There are people right now that I absolutely love but I choose for a variety of reasons to keep my distance because either they aren't good for me or I just don't like their behavior.


----------



## 2ntnuf (Jul 14, 2012)

They are separating Love the emotion from Love the action. The other person in the relationship cannot feel what we feel. Therefore, Love is action for them from us. They are calling Love the emotion, infatuation or desire. Love can be redirected as an action verb and the results can be a similar feeling of devotion or dedication which relates to the original feeling of Love. In my opinion, it is a way of protecting your sanity.


----------



## A Bit Much (Sep 14, 2011)

Mavash. said:


> I think I can choose to love plenty. It's the like part that gets me hung up. LOL
> 
> There are people right now that I absolutely love but I choose for a variety of reasons to keep my distance because either they aren't good for me or I just don't like their behavior.


THIS. Liking is much harder than loving IMO. :smthumbup:


----------



## Anonymous07 (Aug 4, 2012)

EnjoliWoman said:


> I've seen this comment around here before - that you can choose to love someone.
> 
> I'm not sure I get that. Or are you saying once you love someone you choose to cultivate that relationship, therefore cultivate the love in the relationship?

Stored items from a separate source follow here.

-- ===== src/Monitor/Packet.antt =====
-- usb_monitor.c: the monitor recovers the bytes of a packet.
use ciexpert_usbdev.Base.{
  ℕ, zero, suc, ◌+◌, ◌*◌, ◌/◌, ◌%◌, ◌<◌, ◌≡◌, refl, ◌∙◌, ap, ap₂, subst, Bool, if◌then◌else◌, arith,
  List, [], ◌∷◌, has, bit_and, ◌<<<◌,
}
use ciexpert_usbdev.Base.Bits.{bit_and_step, bit_and-one}
use ciexpert_usbdev.Transmit.Byte.{bits_from, byte_bits}
use ciexpert_usbdev.Transmit.Stuff.{settled, run, stuff}
use ciexpert_usbdev.Transmit.Packet.{packet_bits}
use ciexpert_usbdev.Usb.{pid, byte}
use ciexpert_usbdev.Utils.{bad_pid}
use ciexpert_usbdev.Monitor.{Monitor, MonState, ms_get_pid, ms_get_bytes}
use ciexpert_usbdev.Monitor.Collect.{Listens}
use ciexpert_usbdev.Monitor.Hear.{Events, Hears, over, Hears-append, Gathers, gather_both, settle}
use ciexpert_usbdev.Monitor.Byte.{
  events_end, push, push_all, mid_bits, last_bit, report, pid_after_byte,
}

-- A mask that is moved up tests a number that is moved down.
mask_up : (m d : ℕ) → bit_and d (m <<< 1) ≡ 2 * bit_and (d / 2) m
mask_up m d =
    let half : (m <<< 1) / 2 ≡ m = omega arith in
    let even : (m <<< 1) % 2 ≡ 0 = omega arith in
    let step : bit_and d (m <<< 1) ≡ 0 + 2 * bit_and (d / 2) ((m <<< 1) / 2) =
      omega (arith, bit_and_step d (m <<< 1), even) in
    step ∙ rw half (omega arith)

has_up : (m d : ℕ) → has d (m <<< 1) ≡ has (d / 2) m
has_up m d = ground (arith, mask_up m d)

bits_up : (k m d : ℕ) → bits_from k (m <<< 1) d ≡ bits_from k m (d / 2)
bits_up zero m d = refl
bits_up (suc k) m d = rw (has_up m d, bits_up k (m <<< 1) d) refl

lowest : (d : ℕ) → (if has d 1 then 128 else 0) ≡ d % 2 * 128
lowest d = ground (arith, bit_and-one d)

push_lowest :
    (k acc d : ℕ)
    → push_all acc (bits_from (suc k) 1 d)
      ≡ push_all (acc / 2 + d % 2 * 128) (bits_from k 1 (d / 2))
push_lowest k acc d =
    ap (λ (l : List Bool). push_all (push acc (has d 1)) l) (bits_up k 1 d)
    ∙ ap (λ (x : ℕ). push_all (acc / 2 + x) (bits_from k 1 (d / 2))) (lowest d)

-- Eight bits, the lowest first, fill the register with their byte.
push_byte : (acc d : ℕ) → acc < 256 → d < 256 → push_all acc (byte_bits d) ≡ d
push_byte acc d small below =
    push_lowest 7 acc d
    ∙ push_lowest 6 _ _
    ∙ push_lowest 5 _ _
    ∙ push_lowest 4 _ _
    ∙ push_lowest 3 _ _
    ∙ push_lowest 2 _ _
    ∙ push_lowest 1 _ _
    ∙ push_lowest 0 _ _
    ∙ omega arith

hear_byte :
    {m : Monitor} {n : ℕ} (tick lastpid d : ℕ)
    → Listens m n
    → m.needbits ≡ 8
    → d < 256
    → Gathers tick m lastpid n
        (byte_bits d)
        (report m.state d)
        ms_get_bytes
        8
        d
        (pid_after_byte m.state lastpid d)
hear_byte {m} {n} tick lastpid d h need small =
    let g = mid_bits (bits_from 7 1 d) tick lastpid h (omega (arith, need)) (omega (arith, need)) in
    let k = last_bit tick lastpid g.listens (has d 128) (omega (arith, g.need_at, need)) in
    let whole : push g.after.bits (has d 128) ≡ d =
      ap (λ (x : ℕ). push x (has d 128)) g.bits_at ∙ push_byte m.bits d h.small small in
    let same : (g.after.state, push g.after.bits (has d 128)) ≡ (m.state, d) =
      ap₂ (λ (s : MonState) (x : ℕ). (s, x)) g.state_at whole in
    gather_both g (
      subst
        (λ (q : MonState × ℕ).
          Gathers tick g.after lastpid (run n (bits_from 7 1 d)) (has d 128 ∷ []) (report q.0 q.1)
            ms_get_bytes 8 q.1 (pid_after_byte q.0 lastpid q.1))
        same k)

abbrev pub AllBytes : List ℕ → Type 0
AllBytes [] = Unit
AllBytes (d ∷ ds) = (d < 256) × AllBytes ds

abbrev pub bytes_heard : List ℕ → Events
bytes_heard [] = []
bytes_heard (d ∷ ds) = (byte, d) ∷ bytes_heard ds

hear_bytes :
    (ds : List ℕ) {m : Monitor} {n : ℕ} (tick lastpid : ℕ)
    → Listens m n
    → m.state ≡ ms_get_bytes
    → m.needbits ≡ 8
    → AllBytes ds
    → (acc : ℕ) × Gathers tick m lastpid n
        (packet_bits ds)
        (bytes_heard ds)
        ms_get_bytes
        8
        acc
        lastpid
hear_bytes [] {m} tick lastpid h state need small = (
  m.bits,
  record { after = m; hears = over; listens = h; state_at = state; need_at = need; bits_at = refl },
)
hear_bytes (d ∷ ds) {m} {n} tick lastpid h state need small =
    let g : Gathers tick m lastpid n (byte_bits d) ((byte, d) ∷ []) ms_get_bytes 8 d lastpid =
      subst
        (λ (s : MonState).
          Gathers tick m lastpid n (byte_bits d) (report s d) ms_get_bytes 8 d
            (pid_after_byte s lastpid d))
        state (hear_byte tick lastpid d h need small.0) in
    let (acc, k) = hear_bytes ds tick lastpid g.listens g.state_at g.need_at small.1 in
    (acc, gather_both g k)

-- At the start of a packet, whose PID and bytes go over the line stuffed, the monitor reports the PID
-- and then the bytes, each once and in order, and the caller's last PID is this one if its check
-- nibble is right. The monitor has to count the ones in front of the packet as the sender does.
pub Hears-stuff :
    (p : ℕ) (ds : List ℕ) (m : Monitor) (n tick lastpid : ℕ)
    → Listens m n
    → m.state ≡ ms_get_pid
    → m.needbits ≡ 8
    → p < 256
    → AllBytes ds
    → (e : Monitor) × Hears tick m lastpid
        (stuff n (packet_bits (p ∷ ds)))
        ((pid, p) ∷ bytes_heard ds)
        e
        (if bad_pid p then lastpid else p)
      × Listens e (settled (run n (packet_bits (p ∷ ds))))
      × (e.state ≡ ms_get_bytes)
      × (e.needbits ≡ 8)
Hears-stuff p ds m n tick lastpid h state need small all =
    let last = if bad_pid p then lastpid else p in
    let g : Gathers tick m lastpid n (byte_bits p) ((pid, p) ∷ []) ms_get_bytes 8 p last =
      subst
        (λ (s : MonState).
          Gathers tick m lastpid n (byte_bits p) (report s p) ms_get_bytes 8 p
            (pid_after_byte s lastpid p))
        state (hear_byte tick lastpid p h need small) in
    let (acc, k) = hear_bytes ds tick last g.listens g.state_at g.need_at all in
    let both = gather_both g k in
    let (e, due_heard, still, state_same, need_same, _) = settle tick last both.listens in
    (
      e,
      subst (λ (l : Events). Hears tick m lastpid (stuff n (packet_bits (p ∷ ds))) l e last)
          (events_end ((pid, p) ∷ bytes_heard ds)) (Hears-append both.hears due_heard),
      still,
      state_same ∙ both.state_at,
      need_same ∙ both.need_at,
    )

Many people talk about love as a feeling, but honestly that "feeling" will come and go, and then the word love becomes a verb(an action). People in a long-term committed relationship have to choose to love their significant other, even at the times when they don't necessarily 'like' them(** I am talking about the temporary emotions of not 'liking' the person, not major issues). My husband, at times, can drive me crazy, but I choose to love him anyways. I choose to love him for who he is. All relationships take some work, so you choose how it goes. The grass is greener where you water it.


----------



## 2ntnuf (Jul 14, 2012)

If love is an action word only, and we choose to love someone even when we feel nothing, what is the reason to stay?

A sense of loyalty? A desire to keep a quality of life? A pride in myself which doesn't allow me to break my word? I don't want to hurt my children?

There is no greater loyalty than to oneself.
I can only ever truly be satisfied with my quality of life, if I have achieved it on my own.
Giving my word is based upon a certain amount of knowledge. When that knowledge in increased, I must adjust my word.(divorce)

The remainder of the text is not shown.